So, just what is physiatry (fizz-EYE-ah-tree)? Psychiatry? No. Physical therapy? No. This is a common query. You might know physiatry better by some of its other names. It’s known officially as physical medicine and rehabilitation, or PM&R; some casually refer to us as “rehab doctors.” As a fourth-year medical student entering the field, I have learned that there is much more that we can do among patients and healthcare professionals to improve the understanding of physiatry—and, most important, of why we are needed.
In short, we help our patients get back to a higher level of physical functioning. Whether you are an 18-year-old with a spinal cord injury suffered while surfing in Bali, a 40-year-old dad who gets shooting leg pain when walking with his kids, or a 95-year-old woman suffering pain while reaching for dishes on the top shelf, physiatrists are here to help. It’s a team effort as we work with specialists in physical therapy (PT) and occupational therapy (OT), social workers, and community organizations to help our patients achieve their physical goals. We work across a wide spectrum of functionality, successfully treating those who are limited in even the most basic movements while also keeping some of our most impressive athletes healthy and strong.
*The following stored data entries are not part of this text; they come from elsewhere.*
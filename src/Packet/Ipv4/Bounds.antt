-- ===== src/Packet/Ipv4/Bounds.antt =====
-- The IPv4 header: no read outside the packet, where the payload lies if the total length is
-- honest, and what happens where it is not.
use timing_proxy.Base.{
  ℕ, ◌+◌, ◌*◌, ◌/◌, ◌%◌, ◌^◌, ◌≤◌, ◌<◌, ◌≡◌, refl, not, some, length, arith, ok, Safe, returns,
  stops, Safe-bind, Safe-self, Safe-if, Safe-mono, Safe-throw_below, Safe-terminate_if,
  Safe-or_throw, ◌==◌,
}
use timing_proxy.Packet.Memory.{Memory, sub_size, load8, load16, ntohs}
use timing_proxy.Packet.Memory.Bounds.{load8-Safe, load16-Safe, load_bytes-Safe}
use timing_proxy.Packet.Types.{
  Layer, ipv4, same_layer, strncpy, Artefacts, Decoded, Reaches, Reaches-mono, inside, Inet,
}
use timing_proxy.Packet.Tcp.Bounds as TcpBounds
use timing_proxy.Packet.Udp.Bounds as UdpBounds
use timing_proxy.Packet.Ipv4.{
  Ipv4Parser, parse_header, decode_until, new_ipv4_parser, proto_tcp, proto_udp, inet_addrstrlen,
}

-- The header's two lengths fit the packet. The source never checks this.
abbrev pub IsHonest : Memory → ℕ → ℕ → Type 0
IsHonest m q size =
    (vhl len : ℕ)
    → load8 m (some q) 0 ≡ ok vhl
    → load16 m (some q) 2 ≡ ok len
    → (vhl % 16 * 4 ≤ ntohs len) × (ntohs len ≤ size)

-- The `Decoded` that stops at this layer.
abbrev after : Ipv4Parser → Artefacts → Decoded
after t a = record {
  payload = t.base.payload;
  payload_size = t.base.payload_size;
  artefacts = record a {
    ip_type = ipv4;
    src_ip = strncpy inet_addrstrlen t.addr_src;
    dst_ip = strncpy inet_addrstrlen t.addr_dst;
  };
}

-- What `parseHeader` leaves, in terms of the two lengths that it read.
record Parsed (m : Memory) (q : ℕ) (t : Ipv4Parser) : Type 0 where
  vhl : ℕ
  len : ℕ
  read_vhl : load8 m (some q) 0 ≡ ok vhl
  read_len : load16 m (some q) 2 ≡ ok len
  start : t.base.payload ≡ some (q + vhl % 16 * 4)
  rest : t.base.payload_size ≡ sub_size (ntohs len) (vhl % 16 * 4)

module _ (inet : Inet) (m : Memory) (q size : ℕ) (owned : q + size ≤ length m) where
  parse_header-Safe :
      (this : Ipv4Parser) → Safe (Parsed m q) (parse_header inet m this (some q) size)
  unfolding parse_header
  parse_header-Safe this = Safe-bind (Safe-throw_below size 20 _) λ _ big.
      Safe-bind (Safe-self (load8-Safe m q 0 (omega arith))) λ vhl (hv, _).
        Safe-bind (Safe-terminate_if (not (vhl / 16 == 4))) λ _ _.
          Safe-bind (Safe-self (load16-Safe m q 2 (omega arith))) λ len (hl, _).
            Safe-bind (load8-Safe m q 9 (omega arith)) λ _ _.
              Safe-bind (load_bytes-Safe m q 12 4 (omega arith)) λ src _.
                Safe-bind (Safe-or_throw (inet.ntop4 src) _) λ _ _.
                  Safe-bind (load_bytes-Safe m q 16 4 (omega arith)) λ dst _.
                    Safe-bind (Safe-or_throw (inet.ntop4 dst) _) λ _ _. returns (record {
                      vhl = vhl;
                      len = len;
                      read_vhl = hv;
                      read_len = hl;
                      start = refl;
                      rest = refl;
                    })

  module _ (honest : IsHonest m q size) (small : size < 2 ^ 64) where
    -- An honest header leaves a payload inside the packet.
    payload_inside :
        (t : Ipv4Parser)
        → Parsed m q t
        → (p : ℕ) × (t.base.payload ≡ some p) × (p + t.base.payload_size ≤ q + size)
    payload_inside t h = (
      q + h.vhl % 16 * 4,
      h.start,
      omega (arith, h.rest, honest h.vhl h.len h.read_vhl h.read_len),
    )

    -- Decoding an honest IPv4 packet reads nothing outside it.
    pub decode_until-Safe :
        (layer : Layer) (a : Artefacts)
        → Safe (Reaches layer (q + size)) (decode_until inet layer m (some q) size a)
    unfolding decode_until
    decode_until-Safe layer a = Safe-bind (parse_header-Safe new_ipv4_parser) λ t h.
        let (p, at, le) = payload_inside t h in
        Safe-if (same_layer layer ipv4) (λ _. returns {a = after t a} (inside p at le))
          λ _.
            Safe-if (t.proto == proto_tcp)
              (λ _. rw at (
                Safe-mono (TcpBounds.decode_until-Safe m p _ (omega arith) layer _ (omega arith))
                  (λ d. Reaches-mono d le)))
              λ _.
                Safe-if (t.proto == proto_udp)
                  (λ _. rw at (
                    Safe-mono
                      (UdpBounds.decode_until-Safe m p _ (omega arith) (omega arith) layer _)
                      (λ d. Reaches-mono d le)))
                  λ _. stops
Optimizing the Patient’s Functions
An example from my time on the wards might best clarify what we do. Mr. Smith (a real person, but a fictional name) was brought into the hospital by his son for slurred speech and left-sided arm and leg weakness. After admission, Mr. Smith was found to have had a brain bleed, or stroke, that had stabilized, and he was seen by a team of neurologists and internal medicine physicians. Early during his hospital stay, he was also seen by a physiatrist. This rehab doctor assessed Mr. Smith’s physical functions before the stroke and afterward, and, most practically, asked him about his priorities, as well as what he did at home and for work. Once Mr. Smith was deemed medically stable, he was transferred to an inpatient rehabilitation unit. During his stay, he participated in physical therapy to learn to walk with his new cane, worked with occupational therapists to feed and clothe himself, and spoke with a social worker about finding an apartment that didn’t have stairs for him to climb. During inpatient rehab, he was seen daily by a physiatrist, who adjusted Mr. Smith’s subacute-stroke care needs, optimized his chronic medical management, and tailored his PT and OT goals to help him reach a projected discharge date.
Physiatry and Interdisciplinary Follow-Up
What I love about PM&R is that the role of a physiatrist seldom ends at discharge. After leaving the inpatient rehab unit, Mr. Smith saw an outpatient physiatrist who monitored his progress. During these visits, careful attention was paid to outpatient PT and OT recommendations. (A patient’s perspective on his or her recovery also allows the primary physiatrist to make further recommendations about where there’s room for improvement.)
In addition, the physiatrist worked with specialists in custom orthotics to build an ankle support to help counter Mr. Smith’s residual foot drop. Over time, the physiatrist may choose to inject Mr. Smith’s arm with the botulinum toxin to prevent the formation of any contractures or permanent stiffness that would limit how much he could extend his arm. Using this interdisciplinary approach, outpatient rehabilitation brings together multiple specialists to aid in Mr. Smith’s recovery, ultimately bringing him closer to living an independent and fulfilling life.
One thing holds true in the world of PM&R—no two physiatrists are alike. Many dedicate their lives to the world of inpatient rehab, treating everything from spinal cord injury to traumatic brain damage or even pursuing newly established fields such as cardiac and pulmonary rehabilitation. Others choose to take care of patients in an outpatient environment; for example, by treating spasticity in children with cerebral palsy or performing X-ray-guided spinal injections on patients suffering from chronic pain.
While the world of rehab is rapidly expanding to accommodate the needs of our quickly aging population, it also continues to grow in the world of athletics, where we serve as team physicians and consultants to a wide variety of athletes, from youth to professional. So whether you are a patient weak from a long hospital stay or an athlete with leg pain, remember that a physiatrist can help.
We are here to make you the very best version of yourself.